▸ Activity: Copy the records below word for word. Stop after the line that contains "walk_back running_balance [] = []".
Listed entries Block Start
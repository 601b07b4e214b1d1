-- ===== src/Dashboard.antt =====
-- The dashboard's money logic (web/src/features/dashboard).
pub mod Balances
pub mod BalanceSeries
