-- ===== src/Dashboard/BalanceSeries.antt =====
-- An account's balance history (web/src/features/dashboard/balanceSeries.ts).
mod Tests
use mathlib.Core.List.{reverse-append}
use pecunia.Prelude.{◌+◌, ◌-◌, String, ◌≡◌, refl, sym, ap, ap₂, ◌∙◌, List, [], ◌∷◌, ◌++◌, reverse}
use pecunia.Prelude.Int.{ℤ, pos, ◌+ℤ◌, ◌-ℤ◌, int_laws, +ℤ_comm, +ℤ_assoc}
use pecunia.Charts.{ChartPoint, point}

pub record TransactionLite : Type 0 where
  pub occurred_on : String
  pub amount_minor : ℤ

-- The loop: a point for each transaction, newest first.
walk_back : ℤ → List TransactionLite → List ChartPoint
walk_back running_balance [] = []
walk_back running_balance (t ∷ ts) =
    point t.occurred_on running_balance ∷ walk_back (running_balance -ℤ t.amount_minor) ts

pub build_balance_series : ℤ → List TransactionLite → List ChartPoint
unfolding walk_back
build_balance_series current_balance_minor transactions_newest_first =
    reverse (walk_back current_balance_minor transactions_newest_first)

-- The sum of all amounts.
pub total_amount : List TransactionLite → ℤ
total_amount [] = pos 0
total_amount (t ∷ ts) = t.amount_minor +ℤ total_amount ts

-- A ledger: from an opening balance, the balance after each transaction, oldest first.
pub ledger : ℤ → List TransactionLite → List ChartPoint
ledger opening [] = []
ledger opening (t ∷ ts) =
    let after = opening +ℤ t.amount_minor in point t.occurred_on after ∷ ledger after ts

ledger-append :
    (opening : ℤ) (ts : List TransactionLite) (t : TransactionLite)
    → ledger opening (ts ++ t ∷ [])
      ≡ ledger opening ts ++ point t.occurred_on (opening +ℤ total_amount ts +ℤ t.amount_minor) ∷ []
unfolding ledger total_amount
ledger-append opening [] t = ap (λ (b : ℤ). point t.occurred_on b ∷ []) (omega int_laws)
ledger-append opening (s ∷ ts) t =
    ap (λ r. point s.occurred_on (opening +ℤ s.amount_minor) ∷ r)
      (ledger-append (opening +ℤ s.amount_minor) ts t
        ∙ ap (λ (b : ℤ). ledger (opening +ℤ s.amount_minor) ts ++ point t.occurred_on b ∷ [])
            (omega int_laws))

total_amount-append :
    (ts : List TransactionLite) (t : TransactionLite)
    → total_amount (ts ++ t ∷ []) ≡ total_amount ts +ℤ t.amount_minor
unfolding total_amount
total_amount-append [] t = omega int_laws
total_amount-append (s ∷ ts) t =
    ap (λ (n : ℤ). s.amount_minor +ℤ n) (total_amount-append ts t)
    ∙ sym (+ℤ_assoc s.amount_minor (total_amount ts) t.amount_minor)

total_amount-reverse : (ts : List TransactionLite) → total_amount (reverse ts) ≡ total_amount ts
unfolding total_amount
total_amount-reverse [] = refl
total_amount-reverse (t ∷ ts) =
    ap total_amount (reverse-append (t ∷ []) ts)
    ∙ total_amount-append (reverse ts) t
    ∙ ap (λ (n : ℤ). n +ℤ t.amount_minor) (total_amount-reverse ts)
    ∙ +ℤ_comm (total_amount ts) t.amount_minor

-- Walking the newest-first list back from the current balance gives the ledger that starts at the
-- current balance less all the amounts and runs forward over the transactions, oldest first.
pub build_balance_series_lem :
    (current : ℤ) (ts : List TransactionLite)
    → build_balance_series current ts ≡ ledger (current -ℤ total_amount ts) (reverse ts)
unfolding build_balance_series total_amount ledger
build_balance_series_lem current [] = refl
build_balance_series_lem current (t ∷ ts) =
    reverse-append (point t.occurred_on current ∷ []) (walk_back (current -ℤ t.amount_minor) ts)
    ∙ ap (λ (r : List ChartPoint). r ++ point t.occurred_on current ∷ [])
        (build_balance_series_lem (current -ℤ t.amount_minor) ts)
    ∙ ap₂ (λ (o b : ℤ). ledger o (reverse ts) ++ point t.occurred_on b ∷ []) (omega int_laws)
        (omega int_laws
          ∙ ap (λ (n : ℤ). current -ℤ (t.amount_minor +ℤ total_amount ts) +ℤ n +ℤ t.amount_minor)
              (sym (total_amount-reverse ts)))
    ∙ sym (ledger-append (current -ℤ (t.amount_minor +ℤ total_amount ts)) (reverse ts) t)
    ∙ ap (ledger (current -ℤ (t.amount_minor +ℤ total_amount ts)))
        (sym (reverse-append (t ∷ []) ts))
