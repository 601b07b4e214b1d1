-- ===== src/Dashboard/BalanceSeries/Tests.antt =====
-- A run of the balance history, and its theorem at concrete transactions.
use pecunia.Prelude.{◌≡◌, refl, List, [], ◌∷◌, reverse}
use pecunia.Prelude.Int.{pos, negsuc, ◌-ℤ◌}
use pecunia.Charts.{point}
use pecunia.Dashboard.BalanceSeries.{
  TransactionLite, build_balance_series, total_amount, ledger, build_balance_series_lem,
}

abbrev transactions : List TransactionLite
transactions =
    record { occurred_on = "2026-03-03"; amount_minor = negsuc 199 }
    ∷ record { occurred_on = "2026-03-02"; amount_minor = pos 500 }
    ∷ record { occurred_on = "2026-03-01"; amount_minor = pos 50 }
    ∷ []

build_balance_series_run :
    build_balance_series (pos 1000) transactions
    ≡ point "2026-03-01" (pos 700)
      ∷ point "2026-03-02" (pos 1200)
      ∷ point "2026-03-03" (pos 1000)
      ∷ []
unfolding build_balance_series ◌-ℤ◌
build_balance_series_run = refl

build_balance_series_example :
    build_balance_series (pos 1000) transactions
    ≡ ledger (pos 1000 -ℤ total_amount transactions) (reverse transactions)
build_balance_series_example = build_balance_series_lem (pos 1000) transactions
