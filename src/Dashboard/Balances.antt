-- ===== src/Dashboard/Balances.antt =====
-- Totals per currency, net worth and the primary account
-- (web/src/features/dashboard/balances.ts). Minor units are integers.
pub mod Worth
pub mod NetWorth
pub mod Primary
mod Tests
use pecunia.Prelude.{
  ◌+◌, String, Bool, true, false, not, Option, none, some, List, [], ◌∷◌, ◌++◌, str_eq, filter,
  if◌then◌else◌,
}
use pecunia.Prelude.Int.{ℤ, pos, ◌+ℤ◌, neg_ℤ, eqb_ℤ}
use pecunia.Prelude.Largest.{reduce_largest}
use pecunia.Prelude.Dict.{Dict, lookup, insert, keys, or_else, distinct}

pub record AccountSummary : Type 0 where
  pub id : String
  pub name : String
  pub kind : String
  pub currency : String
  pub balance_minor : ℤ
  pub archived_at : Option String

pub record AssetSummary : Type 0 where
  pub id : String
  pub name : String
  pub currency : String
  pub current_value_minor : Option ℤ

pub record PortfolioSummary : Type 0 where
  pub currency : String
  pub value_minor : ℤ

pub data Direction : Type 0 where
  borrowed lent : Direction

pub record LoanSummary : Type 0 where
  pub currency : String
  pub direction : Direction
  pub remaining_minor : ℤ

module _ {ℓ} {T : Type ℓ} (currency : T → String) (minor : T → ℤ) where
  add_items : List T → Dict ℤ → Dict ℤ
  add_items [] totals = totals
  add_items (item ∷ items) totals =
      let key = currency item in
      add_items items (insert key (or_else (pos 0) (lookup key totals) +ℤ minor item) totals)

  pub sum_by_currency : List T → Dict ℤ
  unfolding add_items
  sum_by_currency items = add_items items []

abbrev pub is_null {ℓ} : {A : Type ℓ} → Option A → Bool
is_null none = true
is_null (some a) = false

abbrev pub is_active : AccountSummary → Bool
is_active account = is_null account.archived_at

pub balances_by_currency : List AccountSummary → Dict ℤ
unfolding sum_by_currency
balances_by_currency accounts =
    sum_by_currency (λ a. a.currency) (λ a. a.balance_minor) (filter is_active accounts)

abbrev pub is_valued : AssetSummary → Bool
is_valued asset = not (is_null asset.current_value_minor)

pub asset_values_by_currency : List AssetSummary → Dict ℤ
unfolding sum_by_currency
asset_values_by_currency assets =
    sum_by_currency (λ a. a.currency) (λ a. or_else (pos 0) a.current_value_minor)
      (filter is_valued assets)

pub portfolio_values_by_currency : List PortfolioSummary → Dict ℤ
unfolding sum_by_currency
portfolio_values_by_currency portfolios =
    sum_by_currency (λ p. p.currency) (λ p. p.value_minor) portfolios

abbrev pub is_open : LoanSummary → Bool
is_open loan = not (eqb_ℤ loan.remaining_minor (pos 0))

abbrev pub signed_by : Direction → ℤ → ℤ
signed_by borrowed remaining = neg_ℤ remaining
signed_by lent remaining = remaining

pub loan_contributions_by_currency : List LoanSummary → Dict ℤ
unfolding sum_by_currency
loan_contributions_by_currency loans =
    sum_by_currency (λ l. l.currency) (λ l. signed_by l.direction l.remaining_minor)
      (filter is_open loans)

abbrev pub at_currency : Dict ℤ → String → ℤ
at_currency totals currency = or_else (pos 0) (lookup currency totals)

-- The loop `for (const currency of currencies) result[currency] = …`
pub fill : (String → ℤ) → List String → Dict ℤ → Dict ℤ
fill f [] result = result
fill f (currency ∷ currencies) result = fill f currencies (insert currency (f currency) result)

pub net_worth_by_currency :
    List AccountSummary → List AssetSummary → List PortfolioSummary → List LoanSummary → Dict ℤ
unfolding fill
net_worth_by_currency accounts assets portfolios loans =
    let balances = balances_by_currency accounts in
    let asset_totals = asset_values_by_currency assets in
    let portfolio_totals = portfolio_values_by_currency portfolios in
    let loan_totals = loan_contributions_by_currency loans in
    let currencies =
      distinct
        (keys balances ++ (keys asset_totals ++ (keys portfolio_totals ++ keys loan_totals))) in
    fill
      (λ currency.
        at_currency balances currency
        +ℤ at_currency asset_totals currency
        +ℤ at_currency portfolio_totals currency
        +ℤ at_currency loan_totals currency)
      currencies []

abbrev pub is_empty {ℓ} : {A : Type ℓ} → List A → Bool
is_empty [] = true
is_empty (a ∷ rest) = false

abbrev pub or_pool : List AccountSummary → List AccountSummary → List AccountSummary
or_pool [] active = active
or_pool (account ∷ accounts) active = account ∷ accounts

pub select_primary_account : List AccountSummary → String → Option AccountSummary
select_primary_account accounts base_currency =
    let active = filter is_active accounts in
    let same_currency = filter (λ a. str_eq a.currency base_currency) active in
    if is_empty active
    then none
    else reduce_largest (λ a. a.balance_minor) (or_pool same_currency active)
Listed entries Block End
▸ Response area:
repository 601b07b4e214b1d1
-- ===== src/Dashboard.antt =====
-- The dashboard's money logic (web/src/features/dashboard).
pub mod Balances
pub mod BalanceSeries
-- ===== src/Dashboard/BalanceSeries.antt =====
-- An account's balance history (web/src/features/dashboard/balanceSeries.ts).
mod Tests
use mathlib.Core.List.{reverse-append}
use pecunia.Prelude.{◌+◌, ◌-◌, String, ◌≡◌, refl, sym, ap, ap₂, ◌∙◌, List, [], ◌∷◌, ◌++◌, reverse}
use pecunia.Prelude.Int.{ℤ, pos, ◌+ℤ◌, ◌-ℤ◌, int_laws, +ℤ_comm, +ℤ_assoc}
use pecunia.Charts.{ChartPoint, point}

pub record TransactionLite : Type 0 where
  pub occurred_on : String
  pub amount_minor : ℤ

-- The loop: a point for each transaction, newest first.
walk_back : ℤ → List TransactionLite → List ChartPoint
walk_back running_balance [] = []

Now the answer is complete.